§ **PROBLEM REQUIREMENTS**
For the string "names", search the entries below and copy every line where it appears.

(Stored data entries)
☆ ☆ ☆ ☆ ☆ ☆ ☆
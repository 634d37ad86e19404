-- ===== src/Banking/Transfer/Outcome.antt =====
-- How `transfer_tx` can end: with a transfer that keeps the books consistent, or with an error and
-- the books as they were, the attempt on record at most.
use monierave.Base.{◌≡◌, refl, subst, sym}
use monierave.Models.{Uuid, Error, joined}
use monierave.Models.Tables.{Db}
use monierave.Store.Rules.{
  Runs, AnyError, pure_rule, raise_rule, bind_rule, then_rule, catch_rule, weaken,
  uuid_hex_text_rule,
}
use monierave.Store.Atomic.{TxError-unchanged, exec_tx_rule}
use monierave.Books.Invariant.{IsConsistent}
use monierave.Banking.Audit.{create_financial_audit_rule, audit_correlation_rule}
use monierave.Banking.Notification.{create_financial_notification_rule}
use monierave.Banking.Transfer.{
  TransferTxParams, record_transfer_failure, audit_transfer_failure, transfer_tx,
}
use monierave.Banking.Transfer.Effect.{TransferEffect, transfer_with_queries-effect}
use monierave.Banking.Transfer.Invariant.{transfer-IsConsistent}

-- No account, ledger row, user or idempotency key differs: only records of what happened may.
pub record SameMoney (d d' : Db) : Type 0 where
  pub same_books : d'.books ≡ d.books
  pub same_users : d'.users ≡ d.users
  pub same_keys : d'.idempotency_keys ≡ d.idempotency_keys

pub SameMoney-refl : (d : Db) → SameMoney d d
SameMoney-refl d = record { same_books = refl; same_users = refl; same_keys = refl }

pub SameMoney-of_eq : {d d' e : Db} → d' ≡ d → SameMoney d' e → SameMoney d e
SameMoney-of_eq {e} p h = subst (λ x. SameMoney x e) p h

record_transfer_failure-SameMoney :
    (p : TransferTxParams) (correlation : Uuid) (e : Error) (d : Db)
    → Runs AnyError (λ _ d'. SameMoney d d') (record_transfer_failure p correlation e) d
unfolding record_transfer_failure
record_transfer_failure-SameMoney p correlation e d = then_rule (
    create_financial_audit_rule (λ _ _. tt) _
      (then_rule (
        uuid_hex_text_rule correlation λ hex. then_rule (
          create_financial_notification_rule (λ _ _. tt) _ (λ _. tt)
            λ u ev j _.
              pure_rule tt (record { same_books = refl; same_users = refl; same_keys = refl })))))

-- What the caller gets of an error: the error, or the error beside that of its own record.
pub data Reported (e : Error) : Error → Type 0 where
  as_it_is : Reported e e
  beside_record : (x : Error) → Reported e (joined e x)

pub audit_transfer_failure-Reported :
    {A : Type 0} {Q : A → Db → Type 0} (p : TransferTxParams) (correlation : Uuid) (e : Error)
    (d : Db)
    → Runs (λ x d'. SameMoney d d' × Reported e x) Q (audit_transfer_failure p correlation e) d
unfolding audit_transfer_failure
audit_transfer_failure-Reported p correlation e d =
    bind_rule
      (catch_rule (exec_tx_rule (record_transfer_failure-SameMoney p correlation e d)) λ x d' h.
        raise_rule (joined e x)
          (subst (SameMoney d) (sym (TxError-unchanged h)) (SameMoney-refl d), beside_record x))
      (λ _ d' h. raise_rule e (h, as_it_is))

-- From consistent books, a transfer either takes effect, and the books stay consistent, or returns an
-- error and changes no account, ledger row, user or idempotency key, whichever round trips the
-- database refuses.
pub transfer_tx-outcome :
    (p : TransferTxParams) (d : Db)
    → IsConsistent d.books
    → Runs
        (λ _ d'. SameMoney d d')
        (λ r d'. TransferEffect p d r d' × IsConsistent d'.books)
        (transfer_tx p)
        d
unfolding transfer_tx
transfer_tx-outcome p d c = then_rule (
    audit_correlation_rule p.correlation_id λ correlation.
      catch_rule
        (weaken (exec_tx_rule (transfer_with_queries-effect p correlation d))
          (λ r d' t. (t, transfer-IsConsistent t c)) (λ e d' h. h))
        λ e d' h.
          weaken (audit_transfer_failure-Reported p correlation e d') (λ r d'' q. q)
            (λ x d'' (s, _). SameMoney-of_eq (TxError-unchanged h) s))
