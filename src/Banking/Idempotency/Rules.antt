-- ===== src/Banking/Idempotency/Rules.antt =====
-- Rules for the parts of `idempotent_transfer_with_queries`, and the key that is found after them.
use mathlib.Core.Option
use monierave.Base.{
  ℕ, ◌≡◌, refl, List, [], ◌∷◌, ◌++◌, true, Option, none, some, find_first, update_where,
  find_first-append, find_first-update_where, or_else, eq_iff, if◌then◌else◌, ◌∙◌, ap,
}
use monierave.Models.{
  Uuid, TransferTxResult, IdempotencyKey, Error, no_rows, incomplete_idempotency_record,
}
use monierave.Models.Tables.{Db}
use monierave.Store.{pure, raise}
use monierave.Store.Rules.{Runs, Faulty, pure_rule, raise_rule, then_rule, catch_rule}
use monierave.Queries.Idempotency.{
  KeyName, names, key_by_name, with_key, new_key, completable, completed,
  create_idempotency_key_rule,
}
use monierave.Banking.Idempotency.{
  IdempotentTransferTxParams, key_name, none_for_no_rows, reserve_key, replayed_result,
}

module _ {E : Error → Db → Type 0} {Q : Option IdempotencyKey → Db → Type 0} {d : Db} where
  pub reserve_key_rule :
      Faulty E
      → (p : IdempotentTransferTxParams)
      → ((k : IdempotencyKey) → key_by_name (key_name p) d.idempotency_keys ≡ some k → Q none d)
      → (key_by_name (key_name p) d.idempotency_keys ≡ none
          → Q
              (some (new_key (key_name p) p.request_hash d))
              (with_key (new_key (key_name p) p.request_hash d) d))
      → Runs E Q (reserve_key p) d
  unfolding reserve_key none_for_no_rows
  reserve_key_rule fault p taken free =
      catch_rule {P = λ e x. Runs E Q (none_for_no_rows e) x}
        (then_rule (
          create_idempotency_key_rule faults (key_name p) p.request_hash no_row
            (λ e. pure_rule _ (free e))))
        (λ e x h. h)
    where
      faults : Faulty (λ e x. Runs E Q (none_for_no_rows e) x)
      faults f x = raise_rule _ (fault f x)

      no_row :
          (k : IdempotencyKey)
          → key_by_name (key_name p) d.idempotency_keys ≡ some k
          → Runs E Q (none_for_no_rows no_rows) d
      no_row k e = pure_rule _ (taken k e)

named_new : (n : KeyName) (hash : List ℕ) (d : Db) → names n (new_key n hash d) ≡ true
named_new n hash d = rw (
  (eq_iff n.username n.username).1 refl,
  (eq_iff n.operation n.operation).1 refl,
  (eq_iff n.idempotency_key n.idempotency_key).1 refl,
)

-- The key that was reserved is the one that is completed.
pub stored_key :
    (n : KeyName) (hash : List ℕ) (d : Db) (u : Uuid) (status : ℕ) (r : TransferTxResult)
    (rows : List IdempotencyKey)
    → key_by_name n rows ≡ none
    → key_by_name n
        (update_where (completable n) (completed u status r) (rows ++ new_key n hash d ∷ []))
      ≡ some (completed u status r (new_key n hash d))
unfolding find_first
stored_key n hash d u status r rows free =
    find_first-update_where (names n) (completable n) (completed u status r)
      (rows ++ new_key n hash d ∷ []) (λ x. refl)
    ∙ ap (Option.map (λ x. if completable n x then completed u status r x else x))
        (new_found (find_first-append (names n) rows (new_key n hash d ∷ [])))
    ∙ rw (named_new n hash d)
  where
    new_found :
        find_first (names n) (rows ++ new_key n hash d ∷ [])
          ≡ or_else (find_first (names n) rows) (find_first (names n) (new_key n hash d ∷ []))
        → find_first (names n) (rows ++ new_key n hash d ∷ []) ≡ some (new_key n hash d)
    new_found e = e ∙ rw (free, named_new n hash d)

pub replayed_result_rule :
    {E : Error → Db → Type 0} {Q : TransferTxResult → Db → Type 0} (k : IdempotencyKey) {d : Db}
    → E incomplete_idempotency_record d
    → ((r : TransferTxResult) → k.result_snapshot ≡ some r → Q (record r { replayed = true }) d)
    → Runs E Q (replayed_result k) d
unfolding replayed_result
replayed_result_rule {E} {Q} k {d} bad good = cases k.transaction_id k.result_snapshot good
  where
    cases :
        (t : Option Uuid) (s : Option TransferTxResult)
        → ((r : TransferTxResult) → s ≡ some r → Q (record r { replayed = true }) d)
        → Runs E Q
            (elim t [
              | none ↦ raise incomplete_idempotency_record
              | some t ↦ elim s [
                | none ↦ raise incomplete_idempotency_record
                | some r ↦ pure (record r { replayed = true })
              ]
            ])
            d
    cases none s good = raise_rule _ bad
    cases (some t) none good = raise_rule _ bad
    cases (some t) (some r) good = pure_rule _ (good r refl)
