-- ===== src/Banking/Idempotency/Outcome.antt =====
-- How `idempotent_transfer_tx` can end.
use monierave.Base.{
  bytes_equal, ◌≡◌, refl, true, false, none, some, ◌⊎◌, inl, inr, ◌+◌, update_where, sym, ◌∙◌, ap,
  subst, true_of_not,
}
use monierave.Models.{Uuid, TransferTxResult, IdempotencyKey}
use monierave.Models.Tables.{Db}
use monierave.Store.Rules.{
  Runs, AnyError, pure_rule, then_rule, bind_rule, catch_rule, weaken, fail_if_rule,
}
use monierave.Store.Atomic.{TxError-unchanged, exec_tx_rule}
use monierave.Queries.Idempotency.{
  key_by_name, live_keys, with_keys, new_key, key_lifetime, completable, completed,
  delete_expired_idempotency_key_rule, get_idempotency_key_for_update_rule,
  complete_idempotency_key_rule,
}
use monierave.Books.Invariant.{IsConsistent}
use monierave.Banking.Audit.{audit_correlation_rule}
use monierave.Banking.Transfer.Effect.{TransferEffect, transfer_with_queries-effect}
use monierave.Banking.Transfer.Invariant.{transfer-IsConsistent}
use monierave.Banking.Transfer.Outcome.{
  SameMoney, SameMoney-refl, SameMoney-of_eq, audit_transfer_failure-Reported,
}
use monierave.Banking.Idempotency.{
  IdempotentTransferTxParams, key_name, invalid_key, replay, transfer_under_key,
  idempotent_transfer_with_queries, idempotent_transfer_tx, idempotency_response_status_created,
}
use monierave.Banking.Idempotency.Rules.{reserve_key_rule, stored_key, replayed_result_rule}

-- The key was taken by the same request, and what it stores came back.
pub record Replays (p : IdempotentTransferTxParams) (d : Db) (r : TransferTxResult) (d' : Db)
    : Type 0 where
  pub existing : IdempotencyKey
  pub found : key_by_name (key_name p) (live_keys (key_name p) d) ≡ some existing
  pub same_request : bytes_equal existing.request_hash p.request_hash ≡ true
  pub stored : TransferTxResult
  pub snapshot : existing.result_snapshot ≡ some stored
  pub result : r ≡ record stored { replayed = true }
  pub books : d'.books ≡ d.books

-- The key was free: the transfer was made, and its result is stored under the key.
pub record Stores (p : IdempotentTransferTxParams) (d : Db) (r : TransferTxResult) (d' : Db)
    : Type 0 where
  pub free : key_by_name (key_name p) (live_keys (key_name p) d) ≡ none
  pub start : Db
  pub end : Db
  pub same_start : (start.books ≡ d.books) × (start.clock ≡ d.clock)
  pub same_end : d'.books ≡ end.books
  pub effect : TransferEffect p.transfer start r end
  pub key : IdempotencyKey
  pub kept : key_by_name (key_name p) d'.idempotency_keys ≡ some key
  pub hash : key.request_hash ≡ p.request_hash
  pub snapshot : key.result_snapshot ≡ some r
  pub transaction : key.transaction_id ≡ some r.transaction.id
  pub expiry : key.expires_at ≡ d.clock + key_lifetime

idempotent_transfer_with_queries-effect :
    (p : IdempotentTransferTxParams) (correlation : Uuid) (d : Db)
    → Runs AnyError
        (λ r d'. Replays p d r d' ⊎ Stores p d r d')
        (idempotent_transfer_with_queries p correlation)
        d
unfolding idempotent_transfer_with_queries transfer_under_key replay
idempotent_transfer_with_queries-effect p correlation d = then_rule (
    delete_expired_idempotency_key_rule (λ _ _. tt) _
      (then_rule (
        reserve_key_rule (λ _ _. tt) p
          (λ k taken. then_rule (
            get_idempotency_key_for_update_rule (λ _ _. tt) _ (λ _. tt)
              λ x found. then_rule (
                fail_if_rule _ (λ _. tt)
                  λ same. replayed_result_rule x tt λ r snapshot. inl (record {
                    existing = x;
                    found = found;
                    same_request = true_of_not same;
                    stored = r;
                    snapshot = snapshot;
                    result = refl;
                    books = refl;
                  }))))
          (λ free. bind_rule (transfer_with_queries-effect p.transfer correlation _) λ r end t.
            then_rule (
              complete_idempotency_key_rule (λ _ _. tt) _ _ _ r (λ _. tt)
                λ k _. pure_rule r (
                  inr (record {
                    free = free;
                    start = _;
                    end = end;
                    same_start = (refl, refl);
                    same_end = refl;
                    effect = t;
                    key =
                        completed r.transaction.id idempotency_response_status_created r
                          (new_key (key_name p) p.request_hash d);
                    kept =
                        ap
                          (λ rows. key_by_name (key_name p) (
                            update_where (completable (key_name p))
                              (completed r.transaction.id idempotency_response_status_created r)
                              rows))
                          t.keys
                        ∙ stored_key (key_name p) p.request_hash
                            (with_keys d (live_keys (key_name p) d)) r.transaction.id
                            idempotency_response_status_created r (live_keys (key_name p) d) free;
                    hash = refl;
                    snapshot = refl;
                    transaction = refl;
                    expiry = refl;
                  })))))))

stored-IsConsistent :
    (p : IdempotentTransferTxParams) (d : Db) (r : TransferTxResult) (d' : Db)
    → IsConsistent d.books
    → Replays p d r d' ⊎ Stores p d r d'
    → IsConsistent d'.books
stored-IsConsistent p d r d' c (inl h) = subst IsConsistent (sym h.books) c
stored-IsConsistent p d r d' c (inr h) =
    subst IsConsistent (sym h.same_end)
      (transfer-IsConsistent h.effect (subst IsConsistent (sym h.same_start.0) c))

-- From consistent books, a request under a key either finds the key taken by the same request and
-- returns the stored result without touching the books, or makes the transfer and stores its result
-- under the key, or returns an error and changes no account, ledger row, user or idempotency key.
-- The books stay consistent.
pub idempotent_transfer_tx-outcome :
    (p : IdempotentTransferTxParams) (d : Db)
    → IsConsistent d.books
    → Runs
        (λ _ d'. SameMoney d d')
        (λ r d'.
          (invalid_key p ≡ false) × (Replays p d r d' ⊎ Stores p d r d') × IsConsistent d'.books)
        (idempotent_transfer_tx p)
        d
unfolding idempotent_transfer_tx
idempotent_transfer_tx-outcome p d c = then_rule (
    fail_if_rule _ (λ _. SameMoney-refl d)
      λ valid. then_rule (
        audit_correlation_rule p.transfer.correlation_id λ correlation.
          catch_rule
            (weaken (exec_tx_rule (idempotent_transfer_with_queries-effect p correlation d))
              (λ r d' h. (valid, h, stored-IsConsistent p d r d' c h)) (λ e d' h. h))
            λ e d' h.
              weaken (audit_transfer_failure-Reported p.transfer correlation e d') (λ r d'' q. q)
                (λ x d'' (s, _). SameMoney-of_eq (TxError-unchanged h) s)))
☆ ☆ ☆ ☆ ☆ ☆ ☆
§ **OUTPUT OF THE TASK**
  KeyName, names, key_by_name, with_key, new_key, completable, completed,
named_new : (n : KeyName) (hash : List ℕ) (d : Db) → names n (new_key n hash d) ≡ true
    find_first-update_where (names n) (completable n) (completed u status r)
        (new_found (find_first-append (names n) rows (new_key n hash d ∷ [])))
        find_first (names n) (rows ++ new_key n hash d ∷ [])
          ≡ or_else (find_first (names n) rows) (find_first (names n) (new_key n hash d ∷ []))
        → find_first (names n) (rows ++ new_key n hash d ∷ []) ≡ some (new_key n hash d)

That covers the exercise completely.